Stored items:
——————
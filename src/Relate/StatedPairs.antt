-- ===== src/Relate/StatedPairs.antt =====
-- packages/relationship-claims/src/assemble.ts: the claims of tiers 1, 2, 3, 6 and 7.
use matchline.Base.{
  inl, inr, ℕ, List, [], Option, none, some, ◌==◌, Text, text_eq, includes, Bool-cases,
}
use matchline.Domain.Ladder.{LadderSourceKind}
use matchline.Relate.Types.{
  ClaimSubject, ManualRelationshipOverride, LearnedClaimInput, Grade, claim, proposal, TagPair,
  ProfileSourceRef,
}
use matchline.Relate.Assemble.{Assembly, pair_fault, Pairing, pair, fault, resolve_pair}
use matchline.Relate.Tiers.{
  take_override, overridden, take_subject, tag_stated, tag_resolved, take_tags, looked_up,
  take_learned, graded,
}
use matchline.Relate.Pairs.{
  IsPair, Sound, pair_fault-none, IsSoundPairing, resolve_pair-IsSoundPairing, checked-Sound,
  push-Sound,
}

module _ (known : List Text) where
  module _ (source : ProfileSourceRef) where
    overridden-Sound :
        (n : ℕ) (o : ManualRelationshipOverride) (parent : Option Text) (a : Assembly)
        → Sound known a
        → Sound known (overridden known source n o parent a)
    overridden-Sound n o none a s = s
    overridden-Sound n o (some p) a s =
        checked-Sound known (pair_fault known o.child_asset_id p) _ _ _ _ a s
          (λ e. push-Sound known _ a s (pair_fault-none known o.child_asset_id p e))

    pub take_override-Sound :
        (n : ℕ) (o : ManualRelationshipOverride) (a : Assembly)
        → Sound known a
        → Sound known (take_override known source n o a)
    unfolding take_override
    take_override-Sound n o a s = elim (Bool-cases (includes known o.child_asset_id)) [
      | inl there ↦ rw there (overridden-Sound n o o.parent_asset_id a s)
      | inr away ↦ rw away s
    ]

    looked_up-Sound :
        (l : LadderSourceKind) (table : Text) (n : ℕ) (tags : TagPair) (p : Pairing) (a : Assembly)
        → IsSoundPairing known p
        → Sound known a
        → Sound known (looked_up known source l table n tags p a)
    looked_up-Sound l table n tags (pair c p) a h s = push-Sound known _ a s h
    looked_up-Sound l table n tags (fault r) a h s = s

    pub take_tags-Sound :
        (resolve_tag : Text → Option Text) (l : LadderSourceKind) (table : Text) (n : ℕ)
        (tags : TagPair) (a : Assembly)
        → Sound known a
        → Sound known (take_tags known source resolve_tag l table n tags a)
    unfolding take_tags
    take_tags-Sound resolve_tag l table n tags a s =
        looked_up-Sound l table n tags (resolve_pair resolve_tag known tags) a
          (resolve_pair-IsSoundPairing resolve_tag known tags) s

    graded-Sound :
        (n : ℕ) (i : LearnedClaimInput) (g : Grade) (a : Assembly)
        → Sound known a
        → IsPair known i.child_asset_id i.parent_asset_id
        → Sound known (graded known source n i g a)
    graded-Sound n i proposal a s p = s
    graded-Sound n i claim a s p = push-Sound known _ a s p

    pub take_learned-Sound :
        (n : ℕ) (i : LearnedClaimInput) (a : Assembly)
        → Sound known a
        → Sound known (take_learned known source n i a)
    unfolding take_learned
    take_learned-Sound n i a s =
        checked-Sound known (pair_fault known i.child_asset_id i.parent_asset_id) _ _ _ _ a s (λ e.
          graded-Sound n i i.grade a s (pair_fault-none known i.child_asset_id i.parent_asset_id e))

  module _ (file : Text) (resolve_tag : Text → Option Text) where
    tag_resolved-Sound :
        (subject : ClaimSubject) (tag : Text) (o : Option Text) (a : Assembly)
        → Sound known a
        → Sound known (tag_resolved known file resolve_tag subject tag o a)
    tag_resolved-Sound subject tag none a s = s
    tag_resolved-Sound subject tag (some p) a s =
        checked-Sound known (pair_fault known subject.asset_id p) _ _ _ _ a s
          (λ e. push-Sound known _ a s (pair_fault-none known subject.asset_id p e))

    tag_stated-Sound :
        (subject : ClaimSubject) (o : Option Text) (a : Assembly)
        → Sound known a
        → Sound known (tag_stated known file resolve_tag subject o a)
    tag_stated-Sound subject none a s = s
    tag_stated-Sound subject (some tag) a s = elim (Bool-cases (tag == [])) [
      | inl blank ↦ rw blank s
      | inr told ↦ rw told (tag_resolved-Sound subject tag (resolve_tag tag) a s)
    ]

    pub take_subject-Sound :
        (n : ℕ) (subject : ClaimSubject) (a : Assembly)
        → Sound known a
        → Sound known (take_subject known file resolve_tag n subject a)
    unfolding take_subject
    take_subject-Sound n subject a s = tag_stated-Sound subject subject.explicit_parent_tag a s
——————
WHAT YOU NEED TO DO
Take the lines above from the one containing "graded-Sound n i i.grade" to the one containing "checked-Sound known (pair_fault known subject.asset_id" and retype them exactly, both ends included, with nothing added.

EXERCISE SOLUTION
          graded-Sound n i i.grade a s (pair_fault-none known i.child_asset_id i.parent_asset_id e))

  module _ (file : Text) (resolve_tag : Text → Option Text) where
    tag_resolved-Sound :
        (subject : ClaimSubject) (tag : Text) (o : Option Text) (a : Assembly)
        → Sound known a
        → Sound known (tag_resolved known file resolve_tag subject tag o a)
    tag_resolved-Sound subject tag none a s = s
    tag_resolved-Sound subject tag (some p) a s =
        checked-Sound known (pair_fault known subject.asset_id p) _ _ _ _ a s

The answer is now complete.